Sunday, August 3, 2008

Fear and Loathing in Parse Vegas

Martin Fowler writes about parser fear and I have to say "guilty as charged". I've done a few DSL but all have be so simple that I could hand-write a parser using regular expressions and other string manipulations. To be honest, the resulting parser would probably be easier to understand, maintain, etc, if it was developed using a proper grammar and a parser generator. Despite (knowing) this, I kept writing those convoluted hand-written parsers.

I did the compiler class at the university and I'm intressted in most things programming langage related, e.g., compilers and parsers. Despite this I never actually done a parser (with proper grammar) by my self. Why? I had parser fear.

Fowler writes:
So why is there an unreasonable fear of writing parsers for DSLs? I think it boils down to two main reasons.
  • You didn't do the compiler class at university and therefore think parsers are scary.
  • You did do the compiler class at university and are therefore convinced that parsers are scary.

I think the last bullet explains why I never did a proper-grammar-parser by my self.

However, the last time I had to write a parser I (finally) realized that a proper-grammar-parser was a better idea than trying to hand-write something convoluted. The parser should be implemented in Ruby, so I googled (is that a verb now?) and found a generic recursive decent parser -- all I had to do was to write the grammar, which was straight forward.

There were several resons that finally made me take the step to use a proper parser:

  • The language was complex enough to make my old approach unsuitable
  • The parser was really easy to integrate with my other Ruby code
  • No separate step for generating the parser (i.e. short turn-around time, and less complexity because there is no code generation)
In essense: it was easy to use and test. That was the cure for my (irrational) anxiety towards parsers.

3 comments:

Greg said...

But generally speaking, if you're operating at the level of abstraction where you're writing a DSL, why wouldn't you be working in a language that makes an embedded DSL an easy natural fit?

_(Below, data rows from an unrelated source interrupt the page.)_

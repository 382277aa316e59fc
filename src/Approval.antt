-- ===== src/Approval.antt =====
-- The approval service of internal/transport/http/services.go and approval_worker.go.
pub mod State
pub mod Policy
pub mod Service
pub mod Submit
pub mod Tick
pub mod Queries
pub mod History
mod Tests
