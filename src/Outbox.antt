-- ===== src/Outbox.antt =====
-- internal/outbox/dispatcher.go: the registry of event types and the queue of pending events.
-- The mutex makes each operation atomic. `Start`'s loop is its one effect on the state, `flush`.
pub mod Laws
mod Tests
use release_engine.Prelude.{
  ℕ, String, Bool, true, false, Option, none, some, List, [], ◌∷◌, ◌++◌, map, ◌==◌, leb, length,
  if◌then◌else◌, Dict, lookup, insert, sort, le_text, is_some, Result, ok, err,
}

-- `Payload` is `map[string]any` in the source.
pub record Event (Payload : Type 0) : Type 0 where
  pub event_type : String
  pub job_id : String
  pub step_id : String
  pub occurred_at : ℕ
  pub payload : Payload

pub record Dispatcher (Payload : Type 0) : Type 0 where
  pub event_types : Dict (Unit {0})
  pub pending : List (Event Payload)

abbrev pub approval_requested : String
approval_requested = "approval_requested"

abbrev pub approval_decided : String
approval_decided = "approval_decided"

abbrev pub approval_escalated : String
approval_escalated = "approval_escalated"

abbrev pub approval_expired : String
approval_expired = "approval_expired"

pub data EmitError : Type 0 where
  not_registered : String → EmitError

module _ {P : Type 0} where
  unfoldable pub register_event_type : Dispatcher P → String → Dispatcher P
  register_event_type d t =
      if t == "" then d else record d { event_types = insert t tt d.event_types }

  unfoldable pub new_outbox_dispatcher : Dispatcher P
  unfolding register_event_type
  new_outbox_dispatcher =
      let d : Dispatcher P = record { event_types = []; pending = [] } in
      let d1 = register_event_type d approval_requested in
      let d2 = register_event_type d1 approval_decided in
      let d3 = register_event_type d2 approval_escalated in register_event_type d3 approval_expired

  abbrev pub registered_event_types : Dispatcher P → List String
  registered_event_types d = sort le_text (map (λ e. e.0) d.event_types)

  unfoldable pub emit : Dispatcher P → Event P → Dispatcher P × Result EmitError (Unit {0})
  emit d e =
      if is_some (lookup e.event_type d.event_types)
      then (record d { pending = d.pending ++ e ∷ [] }, ok tt)
      else (d, err (not_registered e.event_type))

  -- What one tick of `Start` does.
  unfoldable pub flush : Dispatcher P → Dispatcher P
  flush d = if leb 1 (length d.pending) then record d { pending = [] } else d
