-- ===== src/Approval/State.antt =====
-- The types of internal/transport/http/services.go. Instants and durations are nanoseconds in ℕ,
-- and 0 is the zero `time.Time`. `min_approvers` holds 0 for every value below 1, which the code
-- treats alike.
use release_engine.Prelude.{ℕ, String, ◌≡◌, Bool, List, Option, Dict}
use release_engine.Prelude.Int.{ℤ}
use release_engine.Outbox.{Event, Dispatcher}

-- What Go's libraries compute: `strconv.ParseFloat(raw, 64)`, `>` on float64, `strings.EqualFold`,
-- and `time.Duration(float64(total) * s.escalationAt)`.
pub record Runtime : Type 1 where
  pub Float : Type 0
  pub parse_float : String → Option Float
  pub exceeds : Float → Float → Bool
  pub equal_fold : String → String → Bool
  pub escalation_delay : ℕ → ℕ

pub record ApprovalContext : Type 0 where
  pub summary : String
  pub detail : String
  pub blast_radius : String
  pub policy_ref : String
  pub metadata : Dict String

pub record ApprovalPolicy : Type 0 where
  pub required : Bool
  pub min_approvers : ℕ
  pub allowed_roles : List String
  pub self_approval : Bool

pub record DecisionRecord : Type 0 where
  pub decision : String
  pub approver : String
  pub justification : String
  pub created_at : ℕ

-- `approvalStepState`
pub record Step : Type 0 where
  pub job_id : String
  pub step_id : String
  pub tenant_id : String
  pub path_key : String
  pub status : String
  pub job_owner : String
  pub context : ApprovalContext
  pub policy : ApprovalPolicy
  pub requested_at : ℕ
  pub expires_at : Option ℕ
  pub escalated : Bool
  pub decisions : Dict DecisionRecord

-- The `map[string]any` of each kind of event.
pub data Payload : Type 0 where
  requested :
      (approval_request : ApprovalContext) (policy_ref : String) (expires_at : Option ℕ) → Payload
  escalated : (elapsed remaining : ℤ) (approval_request : ApprovalContext) → Payload
  expired : (reason : String) (original_request : ApprovalContext) (ttl_seconds : ℤ) → Payload
  decided : (decision approver justification : String) → Payload

-- `ApprovalEvent` has the fields of `outbox.Event`.
abbrev pub ApprovalEvent : Type 0
ApprovalEvent = Event Payload

-- A call of `ApprovalMetricsRecorder`.
pub data MetricCall : Type 0 where
  approval_request : (tenant_id path_key step_key : String) → MetricCall
  approval_decision : (tenant_id path_key step_key decision : String) → MetricCall
  approval_latency : (tenant_id path_key : String) (latency : ℤ) → MetricCall
  approval_escalation : (tenant_id path_key : String) → MetricCall
  approval_timeout : (tenant_id path_key : String) → MetricCall
  approval_worker_tick : (status : String) → MetricCall

pub record DecisionInput : Type 0 where
  pub job_id : String
  pub step_id : String
  pub decision : String
  pub justification : String
  pub idempotency_key : String
  pub approver : String
  pub approver_role : String
  pub approver_tenant_id : String

pub record DecisionOutput : Type 0 where
  pub job_id : String
  pub step_id : String
  pub decision : String
  pub state : String
  pub idempotency_key : String
  pub idempotent_replay : Bool
  pub remaining_approvals : ℕ
  pub recorded_at : ℕ
  pub violations : List String

pub record IdempotencyRecord : Type 0 where
  pub payload_hash : String
  pub output : DecisionOutput

-- The fields of `ApprovalService` that the service only writes to; `none` is a nil interface.
pub record Log : Type 0 where
  pub events : List ApprovalEvent
  pub outbox : Option (Dispatcher Payload)
  pub metrics : Option (List MetricCall)

pub record Service : Type 0 where
  pub steps : Dict Step
  pub idem : Dict IdempotencyRecord
  pub log : Log
  pub default_ttl : ℕ

abbrev pub waiting_approval : String
waiting_approval = "waiting_approval"

-- `step.status != "waiting_approval"` is the negation of this.
abbrev pub IsWaiting : Step → Type 0
IsWaiting st = st.status ≡ waiting_approval
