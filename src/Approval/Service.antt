-- ===== src/Approval/Service.antt =====
-- `ApprovalService` (internal/transport/http/services.go): construction, seeding, draining, and
-- the writes to its log. The mutex makes each operation one step; `now` is what `nowFn` returns.
use release_engine.Prelude.{
  ℕ, String, ◌+◌, ◌*◌, ◌<>◌, Bool, true, false, ◌||◌, Option, none, some, List, [], ◌∷◌, ◌++◌, ◌==◌,
  eqb, if◌then◌else◌, lookup, insert, is_some,
}
use release_engine.Outbox
use release_engine.Outbox.{Event, Dispatcher, emit}
use release_engine.Approval.State.{
  Step, Payload, requested, ApprovalEvent, MetricCall, approval_request, Log, Service,
  waiting_approval,
}

abbrev pub hour : ℕ
hour = 3_600_000_000_000

-- `stepMapKey`
abbrev pub step_map_key : String → String → String
step_map_key job_id step_id = job_id <> (":" <> step_id)

-- `if s.metrics != nil { s.metrics.Record…(…) }`
abbrev pub record_metric : MetricCall → Log → Log
record_metric call log = elim log.metrics [
  | none ↦ log
  | some calls ↦ record log { metrics = some (calls ++ call ∷ []) }
]

-- `recordEventLocked`; the error of `Emit` is dropped.
abbrev pub record_event : ApprovalEvent → Log → Log
record_event event log = record log {
  events = log.events ++ event ∷ [];
  outbox = elim log.outbox [ none ↦ none | some d ↦ some (emit d event).0 ];
}

-- The defaults that `SeedStep` fills in.
unfoldable pub with_defaults : ℕ → ℕ → Step → Step
with_defaults now ttl step =
    let status : String = if step.status == "" then waiting_approval else step.status in
    let requested_at : ℕ = if eqb step.requested_at 0 then now else step.requested_at in
    let expires_at : Option ℕ =
      if is_some step.expires_at
      then step.expires_at
      else if status == waiting_approval
      then some (requested_at + ttl)
      else none in
    record step { status = status; requested_at = requested_at; expires_at = expires_at }

abbrev pub requested_event : ℕ → Step → ApprovalEvent
requested_event now step = record {
  event_type = Outbox.approval_requested;
  job_id = step.job_id;
  step_id = step.step_id;
  occurred_at = now;
  payload = requested step.context step.context.policy_ref step.expires_at;
}

-- `SeedStep`
unfoldable pub seed_step : ℕ → Step → Service → Service
seed_step now step0 s =
    let step = with_defaults now s.default_ttl step0 in
    let steps = insert (step_map_key step.job_id step.step_id) step s.steps in
    if step.status == waiting_approval
    then record s {
      steps = steps;
      log =
          record_event (requested_event now step)
            (record_metric (approval_request step.tenant_id step.path_key step.step_id) s.log);
    }
    else record s { steps = steps }

-- `DrainEvents`; the slice it returns is nil where this is [].
unfoldable pub drain_events : Service → Service × List ApprovalEvent
drain_events s = (record s { log = record log { events = [] } }, log.events)
  where
    open s use {log}

-- `EnsureTerminal`
unfoldable pub ensure_terminal : String → String → Service → Service × Bool
ensure_terminal job_id step_id s = elim (lookup (step_map_key job_id step_id) s.steps) [
  | none ↦ (s, false)
  | some step ↦
      if step.status == waiting_approval
      then (
        record s {
          steps = insert (step_map_key job_id step_id) (record step { status = "running" }) s.steps;
        },
        true,
      )
      else (
        s,
        step.status == "running"
            || step.status == "succeeded"
            || step.status == "failed"
            || step.status == "jobs_exhausted",
      )
]

-- The step that the constructor seeds, asked for at `now`.
abbrev pub demo_step : ℕ → Step
demo_step now = record {
  job_id = "job-123";
  step_id = "step-456";
  tenant_id = "acme-prod";
  path_key = "deploy-production";
  status = waiting_approval;
  job_owner = "owner-1";
  context = record {
    summary = "Approve production deployment";
    detail = "Deploy release 2026.03.11 to production";
    blast_radius = "high";
    policy_ref = "paths.deploy-production.approval";
    metadata = ("change_id", "CHANGE-1234") ∷ [];
  };
  policy = record {
    required = true;
    min_approvers = 2;
    allowed_roles = "release-manager" ∷ "team-lead" ∷ [];
    self_approval = false;
  };
  requested_at = now;
  expires_at = some (now + 48 * hour);
  escalated = false;
  decisions = [];
}

-- `NewApprovalServiceWithOutbox`, whose two readings of the clock are `now`.
unfoldable pub new_approval_service : ℕ → Option (Dispatcher Payload) → Service
unfolding seed_step with_defaults drain_events
new_approval_service now dispatcher =
    let empty : Service = record {
      steps = [];
      idem = [];
      log = record { events = []; outbox = dispatcher; metrics = none };
      default_ttl = 48 * hour;
    } in
    (drain_events (seed_step now (demo_step now) empty)).0

-- `AttachMetrics`
abbrev pub attach_metrics : Option (List MetricCall) → Service → Service
attach_metrics recorder s = record s { log = record log { metrics = recorder } }
  where
    open s use {log}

I don't think parsing complex DSLs is really the way to go.

Togge said...

Sure, I agree.
However, if you don't have the freedom of choosing the syntax of the DSL, then there is not much you can do other than writing a parser. Also, if can't choose the(implementation) language, then you may be stuck with C#, Java, or whatever.

Togge said...

In my case I didn't have the freedom of choosing the syntax.